EDIT: Hmm... forse no. Intorno a Sumatra ci sono vari stretti che la separano dalle isole circostanti: di Malacca, della Sonda, di Karimata, ma non vedo uno 'Stretto di Sumatra' ...


----------



## alenaro

Necsus said:


> ... forse no. Intorno a Sumatra ci sono vari stretti che la separano dalle isole circostanti: di Malacca, della Sonda, di Karimata, ma non vedo uno 'Stretto di Sumatra' ...



Gli stretti di Sumatra quindi. Ma fa un po' ridere lo stesso perchè gli stretti difficilmente possono essere tutti alla stessa esatta distanza dal punto in cui si trova. Dopotutto è un film... avrà voluto essere un po' vago, romantico...


----------



## luway

Necsus said:


> Be', questa però è la scritta che compare sulla scena, oltre che nello script, mi pare difficile che sia sbagliata, immagino che a Cannes la cosa sarebbe stata notata. Potrebbe essere una questione di BE/BA?

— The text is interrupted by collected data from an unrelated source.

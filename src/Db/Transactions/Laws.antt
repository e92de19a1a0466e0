-- ===== src/Db/Transactions/Laws.antt =====
-- What an upsert of a transaction does to the table.
use lumescope.Prelude.{
  ℕ, String, ◌≡◌, refl, true, false, ◌&&◌, ◌||◌, List, [], ◌∷◌, ◌==◌, nat_eq, string_eq, eq_iff,
  arith, All, Bool-cases, inl, inr,
}
use lumescope.Db.Types.{Time, ActionTransaction}
use lumescope.Db.Keyset.Order.{All-map}
use lumescope.Db.Transactions.{same_key, upsert_transaction, has_transaction}

-- After an upsert the table has a row of the given action and type if it is that of the
-- transaction, and else if it had one before.
pub has-upsert_transaction :
    (now : Time) (t : ActionTransaction) (id : ℕ) (tx_type : String) (rows : List ActionTransaction)
    → has_transaction (upsert_transaction now t rows) id tx_type
      ≡ ((t.action_id == id && t.tx_type == tx_type) || has_transaction rows id tx_type)
unfolding upsert_transaction has_transaction
has-upsert_transaction now t id tx_type [] = refl
has-upsert_transaction now t id tx_type (row ∷ rows) = ground (
  arith,
  has-upsert_transaction now t id tx_type rows,
  eq_iff row.tx_type t.tx_type,
  eq_iff row.tx_type tx_type,
  eq_iff t.tx_type tx_type,
)

abbrev pub HasNoKey : ActionTransaction → List ActionTransaction → Type 0
HasNoKey t rows = All (λ u. same_key u t ≡ false) rows

-- UNIQUE("actionID", "txType")
abbrev pub Unique : List ActionTransaction → Type 0
Unique [] = Unit
Unique (t ∷ rows) = HasNoKey t rows × Unique rows

same_key_trans :
    (t u v : ActionTransaction) → same_key t u ≡ true → same_key v t ≡ false → same_key v u ≡ false
same_key_trans t u v h k =
    ground
      (arith, eq_iff t.tx_type u.tx_type, eq_iff v.tx_type t.tx_type, eq_iff v.tx_type u.tx_type)

HasNoKey-upsert :
    (now : Time) (t row : ActionTransaction) (rows : List ActionTransaction)
    → same_key t row ≡ false
    → HasNoKey row rows
    → HasNoKey row (upsert_transaction now t rows)
unfolding upsert_transaction
HasNoKey-upsert now t row [] ne h = (ne, tt)
HasNoKey-upsert now t row (r ∷ rows) ne h = elim (Bool-cases (same_key r t)) [
  | inl e ↦ rw e (ne, h.1)
  | inr e ↦ rw e (h.0, HasNoKey-upsert now t row rows ne h.1)
]

same_key_sym : (t u : ActionTransaction) → same_key t u ≡ false → same_key u t ≡ false
same_key_sym t u h = ground (arith, eq_iff t.tx_type u.tx_type, eq_iff u.tx_type t.tx_type)

-- An upsert keeps the table unique in (actionID, txType), so that an action never has two
-- transactions of one type.
pub upsert_transaction-Unique :
    (now : Time) (t : ActionTransaction) (rows : List ActionTransaction)
    → Unique rows
    → Unique (upsert_transaction now t rows)
unfolding upsert_transaction
upsert_transaction-Unique now t [] d = (tt, tt)
upsert_transaction-Unique now t (r ∷ rows) d = elim (Bool-cases (same_key r t)) [
  | inl e ↦ rw e (All-map (λ u. same_key_trans r t u e) rows d.0, d.1)
  | inr e ↦ rw e (
    HasNoKey-upsert now t r rows (same_key_sym r t e) d.0,
    upsert_transaction-Unique now t rows d.1,
  )
]
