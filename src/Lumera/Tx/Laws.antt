-- ===== src/Lumera/Tx/Laws.antt =====
-- What the client returns for an action, and what it caches.
use lumescope.Prelude.{
  String, ◌≡◌, refl, ◌≢◌, ◌⊎◌, inl, inr, true, false, ◌==◌, Option, none, some, List, [], ◌∷◌, ◌++◌,
  arith, All, All-append, eq_iff, string_eq,
}
use lumescope.Db.Types.{Action, ActionTransaction}
use lumescope.Lumera.Tx.{
  Chain, Client, TxResult, TxResponse, parse_tx_result, parse_results, queries, query_all,
  get_action_module_account, set_action_module_account, get_action_transactions,
}

-- A record of the action, of one of the three kinds.
abbrev pub IsOf : Action → ActionTransaction → Type 0
IsOf action t =
    (t.action_id ≡ action.action_id)
    × ((t.tx_type ≡ "register") ⊎ (t.tx_type ≡ "finalize") ⊎ (t.tx_type ≡ "approve"))

module _ (chain : Chain) (action : Action) where
  parse_tx_result-keys :
      (tx_type : String) (r : TxResult) (tx : Option TxResponse) (addr : String)
      → ((parse_tx_result chain action tx_type r tx addr).action_id ≡ action.action_id)
        × ((parse_tx_result chain action tx_type r tx addr).tx_type ≡ tx_type)
  unfolding parse_tx_result
  parse_tx_result-keys tx_type r tx addr = ground arith

  parse_results-All :
      (P : ActionTransaction → Type 0) (tx_type addr : String)
      → ((r : TxResult) (tx : Option TxResponse)
          → P (parse_tx_result chain action tx_type r tx addr))
      → (rs : List TxResult) (txs : List TxResponse)
      → All P (parse_results chain action tx_type addr rs txs)
  unfolding parse_results
  parse_results-All P tx_type addr each [] txs = tt
  parse_results-All P tx_type addr each (r ∷ rs) [] =
      (each r none, parse_results-All P tx_type addr each rs [])
  parse_results-All P tx_type addr each (r ∷ rs) (tx ∷ txs) =
      (each r (some tx), parse_results-All P tx_type addr each rs txs)

  query_all-All :
      (P : ActionTransaction → Type 0) (addr : String) (qs : List (String × String))
      → All
          (λ q.
            (r : TxResult) (tx : Option TxResponse)
            → P (parse_tx_result chain action q.1 r tx addr))
          qs
      → All P (query_all chain action addr qs)
  unfolding query_all
  query_all-All P addr [] each = tt
  query_all-All P addr ((event_type, tx_type) ∷ rest) (here, each) =
      elim (chain.search_txs event_type action.action_id)
        as (λ found. All P (elim found [
          | none ↦ query_all chain action addr rest
          | some out ↦
              parse_results chain action tx_type addr out.tx_responses out.txs
              ++ query_all chain action addr rest
        ])) [
          | none ↦ query_all-All P addr rest each
          | some out ↦
              All-append P _ _ (parse_results-All P tx_type addr here out.tx_responses out.txs)
                (query_all-All P addr rest each)
        ]

  kept_keys :
      (tx_type addr : String)
      → (tx_type ≡ "register") ⊎ (tx_type ≡ "finalize") ⊎ (tx_type ≡ "approve")
      → (r : TxResult) (tx : Option TxResponse)
      → IsOf action (parse_tx_result chain action tx_type r tx addr)
  kept_keys tx_type addr kind r tx =
      let (id, same) = parse_tx_result-keys tx_type r tx addr in (id, rw same kind)

  -- Every record that is returned carries the action's id, and is of one of the three types.
  pub get_action_transactions-IsOf :
      (c : Client) → All (IsOf action) (get_action_transactions chain c action).0
  unfolding get_action_transactions
  get_action_transactions-IsOf c = query_all-All (IsOf action) _ queries (
    kept_keys "register" _ (inl refl),
    (kept_keys "finalize" _ (inr (inl refl)), (kept_keys "approve" _ (inr (inr refl)), tt)),
  )

-- where every search fails, nothing is returned
pub failed_searches :
    (chain : Chain) (c : Client) (action : Action)
    → ((event_type : String) → chain.search_txs event_type action.action_id ≡ none)
    → (get_action_transactions chain c action).0 ≡ []
unfolding get_action_transactions query_all
failed_searches chain c action fails = rw (
  fails "action_registered.action_id",
  fails "action_finalized.action_id",
  fails "action_approved.action_id",
)

abbrev IsCached : Client → String → Type 0
IsCached c addr = (c.module_addr_fetched ≡ true) × (c.action_module_addr ≡ addr) × (addr ≢ "")

fetched-IsCached :
    (chain : Chain) (c : Client) (addr : String)
    → (get_action_module_account chain c).0 ≡ some addr
    → IsCached (get_action_module_account chain c).1 addr
unfolding get_action_module_account
fetched-IsCached chain c addr h = ground (arith, eq_iff addr "", eq_iff c.action_module_addr "")

cached-answer :
    (chain : Chain) (c : Client) (addr : String)
    → IsCached c addr
    → get_action_module_account chain c ≡ (some addr, c)
unfolding get_action_module_account
cached-answer chain c addr h = ground (arith, eq_iff addr "")

-- Once the address of the module account is known it is not empty, and every later call returns it
-- and leaves the client alone, whatever the chain answers then.
pub module_account_cached :
    (chain later : Chain) (c : Client) (addr : String)
    → (get_action_module_account chain c).0 ≡ some addr
    → (addr ≢ "")
      × (get_action_module_account later (get_action_module_account chain c).1
          ≡ (some addr, (get_action_module_account chain c).1))
module_account_cached chain later c addr h =
    let kept = fetched-IsCached chain c addr h in
    (kept.2, cached-answer later (get_action_module_account chain c).1 addr kept)

-- An address that was set and is not empty is returned from then on, whatever the chain answers.
get-set_action_module_account :
    (chain : Chain) (addr : String) (c : Client)
    → (addr == "") ≡ false
    → get_action_module_account chain (set_action_module_account addr c)
      ≡ (some addr, set_action_module_account addr c)
unfolding get_action_module_account set_action_module_account
get-set_action_module_account chain addr c h = rw h
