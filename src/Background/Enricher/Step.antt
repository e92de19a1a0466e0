-- ===== src/Background/Enricher/Step.antt =====
-- What the enricher does for one action, and for a batch.
use lumescope.Prelude.{
  ℕ, String, ◌≡◌, refl, sym, ◌≢◌, ◌∙◌, ap, Bool, true, false, ◌&&◌, ◌||◌, none, List, [], ◌∷◌, ◌==◌,
  nat_eq, string_eq, beq_refl, arith, All, any, length, nat_beq,
}
use lumescope.Db.Types.{ActionDb, ActionTransaction, Action}
use lumescope.Db.Keyset.Order.{All-map}
use lumescope.Db.Transactions.{has_transaction, to_action, is_unenriched}
use lumescope.Db.Transactions.Laws.{has-upsert_transaction}
use lumescope.Lumera.Tx.{get_action_transactions}
use lumescope.Lumera.Tx.Laws.{IsOf, get_action_transactions-IsOf, failed_searches}
use lumescope.Background.Enricher.{
  Env, World, write, write_all, found_or_placeholder, enrich, enrich_all,
}

-- a row of one action does not touch those of another
write-other :
    (env : Env) (id : ℕ) (tx_type : String) (t : ActionTransaction) (txs : List ActionTransaction)
    → t.action_id ≢ id
    → has_transaction (write env t txs) id tx_type ≡ has_transaction txs id tx_type
unfolding write
write-other env id tx_type t txs h = ground (arith, has-upsert_transaction env.now t id tx_type txs)

write_all-other :
    (env : Env) (id : ℕ) (tx_type : String) (ts txs : List ActionTransaction)
    → All (λ t. t.action_id ≢ id) ts
    → has_transaction (write_all env ts txs) id tx_type ≡ has_transaction txs id tx_type
unfolding write_all
write_all-other env id tx_type [] txs h = refl
write_all-other env id tx_type (t ∷ ts) txs h =
    write_all-other env id tx_type ts (write env t txs) h.1 ∙ write-other env id tx_type t txs h.0

found_or_placeholder-id :
    (action : Action) (ts : List ActionTransaction)
    → All (IsOf action) ts
    → All (λ t. t.action_id ≡ action.action_id) (found_or_placeholder action ts)
found_or_placeholder-id action [] h = (refl, tt)
found_or_placeholder-id action (t ∷ ts) h = All-map (λ u k. k.0) (t ∷ ts) h

-- Enriching one action does not change which transactions another action has.
pub enrich-other :
    (env : Env) (action : Action) (w : World) (id : ℕ) (tx_type : String)
    → action.action_id ≢ id
    → has_transaction (enrich env action w).txs id tx_type ≡ has_transaction w.txs id tx_type
unfolding enrich
enrich-other env action w id tx_type ne =
    let found = get_action_transactions (env.chain action.action_id) w.client action in
    let own = get_action_transactions-IsOf (env.chain action.action_id) action w.client in
    write_all-other env id tx_type _ w.txs
      (All-map (λ t k e. ne (sym k ∙ e)) _ (found_or_placeholder-id action found.0 own))

pub enrich_all-other :
    (env : Env) (batch : List Action) (w : World) (id : ℕ) (tx_type : String)
    → All (λ a. a.action_id ≢ id) batch
    → has_transaction (enrich_all env batch w).txs id tx_type ≡ has_transaction w.txs id tx_type
unfolding enrich_all
enrich_all-other env [] w id tx_type h = refl
enrich_all-other env (a ∷ rest) w id tx_type h =
    enrich_all-other env rest (enrich env a w) id tx_type h.1 ∙ enrich-other env a w id tx_type h.0

or_swap : (a b c : Bool) → (a || (b || c)) ≡ ((b || a) || c)
or_swap true true c = refl
or_swap true false c = refl
or_swap false b c = ground arith

module _ (env : Env) (writes : (t : ActionTransaction) → env.write_succeeds t ≡ true) where
  has-write :
      (id : ℕ) (tx_type : String) (t : ActionTransaction) (txs : List ActionTransaction)
      → has_transaction (write env t txs) id tx_type
        ≡ ((t.action_id == id && t.tx_type == tx_type) || has_transaction txs id tx_type)
  unfolding write
  has-write id tx_type t txs =
      rw (writes t, write) (has-upsert_transaction env.now t id tx_type txs)

  has-write_all :
      (id : ℕ) (tx_type : String) (ts txs : List ActionTransaction)
      → has_transaction (write_all env ts txs) id tx_type
        ≡ (has_transaction ts id tx_type || has_transaction txs id tx_type)
  unfolding write_all has_transaction
  has-write_all id tx_type [] txs = refl
  has-write_all id tx_type (t ∷ ts) txs =
      has-write_all id tx_type ts (write env t txs)
      ∙ ap (λ b. has_transaction ts id tx_type || b) (has-write id tx_type t txs)
      ∙ or_swap (has_transaction ts id tx_type) (t.action_id == id && t.tx_type == tx_type)
          (has_transaction txs id tx_type)

  has-found_or_placeholder :
      (action : Action) (found : List ActionTransaction) (id : ℕ) (tx_type : String)
      → has_transaction (found_or_placeholder action found) id tx_type ≡ (
          any (λ t. t.action_id == id && t.tx_type == tx_type) found
          || (nat_beq (length found) 0 && (action.action_id == id && "register" == tx_type)))
  unfolding has_transaction
  has-found_or_placeholder action [] id tx_type = ground arith
  has-found_or_placeholder action (t ∷ ts) id tx_type = ground arith

  -- If no write fails, then after an action has been worked through, the table has a transaction
  -- of a given action and type exactly if one of those that the chain returned for the action is of
  -- that action and type, or the chain returned none at all and it is a 'register' transaction of
  -- the action that is asked for, or the table had one before.
  pub enrich_records :
      (action : Action) (w : World) (id : ℕ) (tx_type : String)
      → let found = (get_action_transactions (env.chain action.action_id) w.client action).0 in
        has_transaction (enrich env action w).txs id tx_type ≡ (
          (any (λ t. t.action_id == id && t.tx_type == tx_type) found
            || (nat_beq (length found) 0 && (action.action_id == id && "register" == tx_type)))
          || has_transaction w.txs id tx_type)
  unfolding enrich
  enrich_records action w id tx_type =
      let found = (get_action_transactions (env.chain action.action_id) w.client action).0 in
      has-write_all id tx_type (found_or_placeholder action found) w.txs
      ∙ ap (λ b. b || has_transaction w.txs id tx_type)
          (has-found_or_placeholder action found id tx_type)

-- If no write fails and every search of the chain fails, as in an outage, the action is recorded
-- as one that has no transactions: it has a 'register' row, and no later run selects it.
pub outage_marks_action :
    (env : Env) (row : ActionDb) (w : World) (min_id : ℕ)
    → ((t : ActionTransaction) → env.write_succeeds t ≡ true)
    → ((event_type : String) → (env.chain row.action_id).search_txs event_type row.action_id ≡ none)
    → is_unenriched (enrich env (to_action row) w).txs min_id row ≡ false
unfolding to_action has_transaction
outage_marks_action env row w min_id writes outage =
    let action = to_action row in
    let found = get_action_transactions (env.chain row.action_id) w.client action in
    let empty : found.0 ≡ [] = failed_searches (env.chain row.action_id) w.client action outage in
    let marked : has_transaction (enrich env action w).txs row.action_id "register" ≡ true =
      enrich_records env writes action w row.action_id "register"
      ∙ ap
          (λ ts.
            (any (λ t. t.action_id == row.action_id && t.tx_type == "register") ts
              || (nat_beq (length ts) 0
                  && (row.action_id == row.action_id && ◌==◌ {A = String} "register" "register")))
            || has_transaction w.txs row.action_id "register")
          empty
      ∙ rw (beq_refl row.action_id) in
    ground (arith, marked)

Cercando "Sumatra Straights" esce solo una pagina e mezza di risultati  (quindi una manciata, e alcuni nemmeno contano perché c'è un punto tra i due termini) e il  motore di ricerca invita alla correzione con "Straits". I dizionari monolingue non riportano variazioni ortografiche. Per quanto paia assurdo, sembra proprio un refuso che non è stato corretto, Necsus 

Riguardo al plurale, al di là che effettivamente gli stretti di mare che riguardano Sumatra sono più d'uno, nei dizionari è riportato che cmq spesso viene usato così (v. http://www.wordreference.com/definition/straits).


----------



## Necsus

Mah, in effetti mi sembra un po' strano prendere degli 'stretti' come riferimento geografico... Se quello fosse il reale significato probabilmente mi sarei aspettato più un semplice "a 1.700 miglia da Sumatra".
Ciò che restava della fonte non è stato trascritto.